Top, PII Sabet PPP Agency of the Year 2019 di Asia

Klik untuk perbesar
Direktur Utama PT PII Armand Hermawan (kiri) saat menerima pengharagaan PPP Agency of the Year 2019 di Asia dalam acara The Asset Triple A Asia Infrastructure Awards 2019, di Singapura. (Foto: Humas PII)

RMco.id  Rakyat Merdeka - PT Penjaminan Infrastruktur Indonesia (PT PII), salah satu Special Mission Vehicles (SMV) Kementerian Keuangan RI, menerima penghargaan Asia Infrastructure Award sebagai “PPP Agency of the Year 2019”pada kategori Institution Award, dari The Asset, salah satu perusahaan multi-media terintegrasi yang berfokus pada industri keuangan di Asia.

Berita Terkait : PII SabetĀ TOP Governance, Risk & Compliance (GRC) 2019


Penghargaan ini memperkuat posisi PT PII sebagai satu-satunya single window policy Penjaminan Pemerintah dalam skema Kerja sama Pemerintah dengan Badan Usaha (KPBU)/Public Private Partnership (PPP) di kawasan Asia.

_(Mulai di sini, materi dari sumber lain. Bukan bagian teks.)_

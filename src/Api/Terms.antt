-- ===== src/Api/Terms.antt =====
-- The public endpoints of cpa_first/api/main.py on terms, tutorials and the questions of the second exam. A missing text
-- is ""; `strip`, `in`, `startswith` and `endswith` are parameters, weights are in hundredths, and titles and other
-- fields that are only shown are left out.
use xeno_pre_test.Prelude.{
  ℕ, max, Bool, not, ◌&&◌, ◌||◌, ◌==◌, if◌then◌else◌, Option, none, some, List, [], ◌∷◌, map,
  String, str_eq, str_leb, any, first, keep, take, sorted, higher_first,
}
use xeno_pre_test.Api.Model.{Answer, ok, http_error}

pub record FullTerm : Type 0 where
  pub term_id : String
  pub name_ko : String
  pub subject : String
  pub aliases : List String
  -- The terms and the reasons.
  pub confusable_with : List (String × String)
  pub prerequisite_terms : List String

pub record TermEdge : Type 0 where
  pub from_term : String
  pub to_kind : String
  pub to_id : String
  pub relation : String
  pub weight : ℕ

-- Texts of the record, in this order: `query in form`, `name.startswith(query)`, `sid.endswith("_" + subject)`.
pub record TermTests : Type 0 where
  pub strip : String → String
  pub is_in : String → String → Bool
  pub starts_with : String → String → Bool
  pub ends_with_subject : String → String → Bool

-- `terms_full.get(term_id)`: the ids are the keys of a dict.
abbrev pub full_term : String → List FullTerm → Option FullTerm
full_term i = first (λ t. str_eq t.term_id i)

module _ (T : TermTests) where
  abbrev pub is_hit : String → FullTerm → Bool
  is_hit query t = any (λ f. not (str_eq f "") && T.is_in query f) (t.name_ko ∷ t.aliases)

  -- The key `(0 if m["name_ko"].startswith(query) else 1, m["term_id"])`.
  abbrev pub shown_before : String → FullTerm → FullTerm → Bool
  shown_before query t u =
      let a = T.starts_with query t.name_ko in
      let b = T.starts_with query u.name_ko in
      higher_first (if a then 1 else 0) t.term_id (if b then 1 else 0) u.term_id

  unfoldable pub search_terms : String → ℕ → List FullTerm → List FullTerm
  search_terms q limit terms =
      let query = T.strip q in
      if str_eq query ""
      then []
      else take (max 1 limit) (sorted (shown_before query) (keep (is_hit query) terms))

  pub record Tutorial : Type 0 where
    pub tutorial_id : String
    pub subject_id : String
    pub level : String
    pub ontology_node : String
    pub n_steps : ℕ

  abbrev pub tutorial_matches_subject : Tutorial → String → Bool
  tutorial_matches_subject t subject =
      str_eq t.subject_id subject || T.ends_with_subject t.subject_id subject

  -- `not wanted or value == wanted`
  abbrev pub is_wanted : String → String → Bool
  is_wanted wanted value = str_eq wanted "" || str_eq value wanted

  unfoldable pub list_tutorials : String → String → String → List Tutorial → List Tutorial
  list_tutorials subject level node tutorials =
      sorted (λ t u. str_leb t.tutorial_id u.tutorial_id)
        (keep
          (λ t.
            (str_eq subject "" || tutorial_matches_subject t subject)
            && is_wanted level t.level
            && is_wanted node t.ontology_node)
          tutorials)

-- What `_resolve_term_brief` gives: the name and the subject, where the term is in the seed.
pub record TermBrief : Type 0 where
  pub term_id : String
  pub in_seed : Option (String × String)

unfoldable pub resolve_term_brief : List FullTerm → String → TermBrief
resolve_term_brief terms i = record {
  term_id = i;
  in_seed = elim (full_term i terms) [ none ↦ none | some t ↦ some (t.name_ko, t.subject) ];
}

pub record TermPage : Type 0 where
  pub term : FullTerm
  pub chunks : List (String × ℕ)
  pub problems : List (String × ℕ)
  pub tutorials : List (String × ℕ)
  pub confusable_terms : List (TermBrief × String)
  pub prerequisite_terms : List TermBrief

abbrev pub heavier : String × ℕ → String × ℕ → Bool
heavier (i, m) (j, n) = higher_first m i n j

abbrev pub leads_to : String → String → String → (String → Bool) → TermEdge → Bool
leads_to term kind relation is_known e =
    str_eq e.from_term term
    && str_eq e.to_kind kind
    && str_eq e.relation relation
    && is_known e.to_id

-- The ids that a term's edges of a kind lead to and that are known, the heaviest first.
unfoldable pub related :
    String → String → String → (String → Bool) → List TermEdge → List (String × ℕ)
related term kind relation is_known edges =
    sorted heavier
      (map (λ e. (e.to_id, e.weight)) (keep (leads_to term kind relation is_known) edges))

-- `is_chunk`, `is_problem` and `is_tutorial` tell the ids of the three dicts.
unfoldable pub get_term :
    List FullTerm
    → List TermEdge
    → (String → Bool)
    → (String → Bool)
    → (String → Bool)
    → String
    → Answer TermPage
unfolding related resolve_term_brief
get_term terms edges is_chunk is_problem is_tutorial i = elim (full_term i terms) [
  | none ↦ http_error 404
  | some t ↦ ok record {
    term = t;
    chunks = related i "rag_chunk" "defined_in" is_chunk edges;
    problems = related i "problem" "tested_in" is_problem edges;
    tutorials = related i "tutorial" "explained_in" is_tutorial edges;
    confusable_terms = map (λ (j, reason). (resolve_term_brief terms j, reason)) t.confusable_with;
    prerequisite_terms = map (resolve_term_brief terms) t.prerequisite_terms;
  }
]

pub record SecondQuestion : Type 0 where
  pub question_id : String
  pub subject : String
  pub applicable_year : Option ℕ
  pub number : Option ℕ
  pub n_sub_questions : ℕ

-- `not year or q.get("applicable_year") == year`
abbrev pub of_year : ℕ → Option ℕ → Bool
of_year year none = year == 0
of_year year (some y) = (year == 0) || (y == year)

unfoldable pub list_cpa2_practice : String → ℕ → List SecondQuestion → List SecondQuestion
list_cpa2_practice subject year questions =
    keep (λ q. (str_eq subject "" || str_eq q.subject subject) && of_year year q.applicable_year)
      questions

unfoldable pub get_cpa2_practice : String → List SecondQuestion → Answer SecondQuestion
get_cpa2_practice i questions = elim (first (λ q. str_eq q.question_id i) questions) [
  | none ↦ http_error 404
  | some q ↦ ok q
]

Pencapaian ini juga diharapkan dapat meningkatkan kepercayaan investor dan lenders dalam berinvestasi dan membiayai proyek infrastruktur nasional. Hal tersebut disampaikan Direktur Utama PT PII Armand Hermawan saat menerima pengharagaan tersebut dalam acara “The Asset Triple A Asia Infrastructure Awards 2019” di Singapura.
 
“Pencapaian ini tidak terlepas dari usaha seluruh jajaran PT PII, serta dukungan yang sangat berarti dari Kementerian Keuangan sebagai pemegang saham beserta seluruh pemangku kepentingan. Pencapaian ini memberikan semangat bagi PT PII untuk dapat terus menjalankan tanggung jawab dengan sebaik-baiknya, dan melanjutkan kontribusi dalam mendorong percepatan pembangunan infrastruktur di Indonesia” tutur Armand.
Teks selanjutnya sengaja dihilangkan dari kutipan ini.